[Collected data]

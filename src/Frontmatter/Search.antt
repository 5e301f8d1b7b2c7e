-- ===== src/Frontmatter/Search.antt =====
-- Where the search for the closing delimiter of coppermind/frontmatter.py ends, and what is left of a
-- text behind a prefix.
use coppermind.Base.{
  ℕ, ◌+◌, ◌≡◌, refl, ap, ◌∙◌, inl, inr, Bool, true, false, some, List, [], ◌∷◌, ◌++◌, length,
  length-append, drop, All, ◌==◌, Bool-cases, arith,
}
use coppermind.Base.Texts.{Text, elem, lstrip, starts_with}
use coppermind.Base.Lines.{concat}
use coppermind.Frontmatter.{is_delimiter, find_from, remove_feed, after_feed}

-- The end of a search: the first line that is a delimiter, and where it starts.
pub record Found (offset : ℕ) (lines : List Text) (end : ℕ) : Type 0 where
  pub before : List Text
  pub line : Text
  pub after : List Text
  pub cut : lines ≡ before ++ line ∷ after
  pub earlier : All (λ l. is_delimiter l ≡ false) before
  pub closes : is_delimiter line ≡ true
  pub reached : end ≡ offset + length (concat before)

pub find_from-Found :
    (offset : ℕ) (lines : List Text) (end : ℕ)
    → find_from offset lines ≡ some end
    → Found offset lines end
unfolding find_from
find_from-Found offset [] end h = cc
find_from-Found offset (l ∷ ls) end h = elim (Bool-cases (is_delimiter l)) [
  | inl e ↦ record {
    before = [];
    line = l;
    after = ls;
    cut = refl;
    earlier = tt;
    closes = e;
    reached = ground arith;
  }
  | inr e ↦
      let f = find_from-Found (offset + length l) ls end (rw e at h) in
      record {
        before = l ∷ f.before;
        line = f.line;
        after = f.after;
        cut = ap (λ m. l ∷ m) f.cut;
        earlier = (e, f.earlier);
        closes = f.closes;
        reached = omega (arith, f.reached, length-append {0} l (concat f.before));
      }
]

pub find_from-append :
    (offset : ℕ) (before : List Text) (line : Text) (after : List Text)
    → All (λ l. is_delimiter l ≡ false) before
    → is_delimiter line ≡ true
    → find_from offset (before ++ line ∷ after) ≡ some (offset + length (concat before))
unfolding find_from
find_from-append offset [] line after h e = rw e (ap some (omega arith))
find_from-append offset (l ∷ ls) line after (n, h) e = rw n (
    find_from-append (offset + length l) ls line after h e
    ∙ ap some (omega (arith, length-append {0} l (concat ls))))

-- `t` is what is left of `s` behind some prefix.
pub record Suffix (t s : Text) : Type 0 where
  pub prefix : Text
  pub rest : s ≡ prefix ++ t

pub Suffix-cons : (c : ℕ) (t s : Text) → Suffix t s → Suffix t (c ∷ s)
Suffix-cons c t s h = record { prefix = c ∷ h.prefix; rest = ap (λ u. c ∷ u) h.rest }

pub Suffix-refl : (s : Text) → Suffix s s
Suffix-refl s = record { prefix = []; rest = refl }

-- The end of a line and what stands behind it: either the end is a line feed, with none before it,
-- or there is no line feed and nothing stands behind.
pub data LineEnd (closing body : Text) : Type 0 where
  fed : (t : Text) → closing ≡ t ++ 10 ∷ [] → elem 10 t ≡ false → LineEnd closing body
  unfed : elem 10 closing ≡ false → body ≡ [] → LineEnd closing body

-- What `after_feed` cuts off.
pub record FeedCut (s : Text) : Type 0 where
  pub closing : Text
  pub rest : s ≡ closing ++ after_feed s
  pub ended : LineEnd closing (after_feed s)

LineEnd-cons :
    (c : ℕ) (closing body : Text)
    → (c == 10) ≡ false
    → LineEnd closing body
    → LineEnd (c ∷ closing) body
LineEnd-cons c closing body n (fed t e h) = fed (c ∷ t) (ap (λ u. c ∷ u) e) (ground arith)
LineEnd-cons c closing body n (unfed h e) = unfed (ground arith) e

pub after_feed-FeedCut : (s : Text) → FeedCut s
unfolding after_feed
after_feed-FeedCut [] = record { closing = []; rest = refl; ended = unfed refl refl }
after_feed-FeedCut (c ∷ s) = elim (Bool-cases (c == 10)) [
  | inl e ↦ record { closing = c ∷ []; rest = rw e refl; ended = fed [] (ground arith) refl }
  | inr e ↦
      let cut = after_feed-FeedCut s in
      record {
        closing = c ∷ cut.closing;
        rest = rw e (ap (λ u. c ∷ u) cut.rest);
        ended = rw e (LineEnd-cons c cut.closing (after_feed s) e cut.ended);
      }
]

pub lstrip-Suffix : (p : ℕ → Bool) (s : Text) → Suffix (lstrip p s) s
unfolding lstrip
lstrip-Suffix p [] = Suffix-refl []
lstrip-Suffix p (c ∷ s) = elim (Bool-cases (p c)) [
  | inl e ↦ rw e (Suffix-cons c (lstrip p s) s (lstrip-Suffix p s))
  | inr e ↦ rw e (Suffix-refl (c ∷ s))
]

pub remove_feed-Suffix : (s : Text) → Suffix (remove_feed s) s
remove_feed-Suffix [] = Suffix-refl []
remove_feed-Suffix (c ∷ s) = elim (Bool-cases (c == 10)) [
  | inl e ↦ rw e (Suffix-cons c s s (Suffix-refl s))
  | inr e ↦ rw e (Suffix-refl (c ∷ s))
]

pub starts_with-take : (p s : Text) → starts_with p s ≡ true → s ≡ p ++ drop (length p) s
unfolding starts_with
starts_with-take [] s h = refl
starts_with-take (d ∷ p) [] h = cc
starts_with-take (d ∷ p) (c ∷ s) h = ground (arith, starts_with-take p s)

pub starts_with-append : (p s : Text) → starts_with p (p ++ s) ≡ true
unfolding starts_with
starts_with-append [] s = refl
starts_with-append (d ∷ p) s = ground (arith, starts_with-append p s)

**Task requirements**
What you give back should be exactly the lines of the data above from the line with "l (concat ls))))" through the line with "pub rest : s ≡ prefix ++ t", both of those included, and nothing more.

**Output for this task**
    ∙ ap some (omega (arith, length-append {0} l (concat ls))))

-- `t` is what is left of `s` behind some prefix.
pub record Suffix (t s : Text) : Type 0 where
  pub prefix : Text
  pub rest : s ≡ prefix ++ t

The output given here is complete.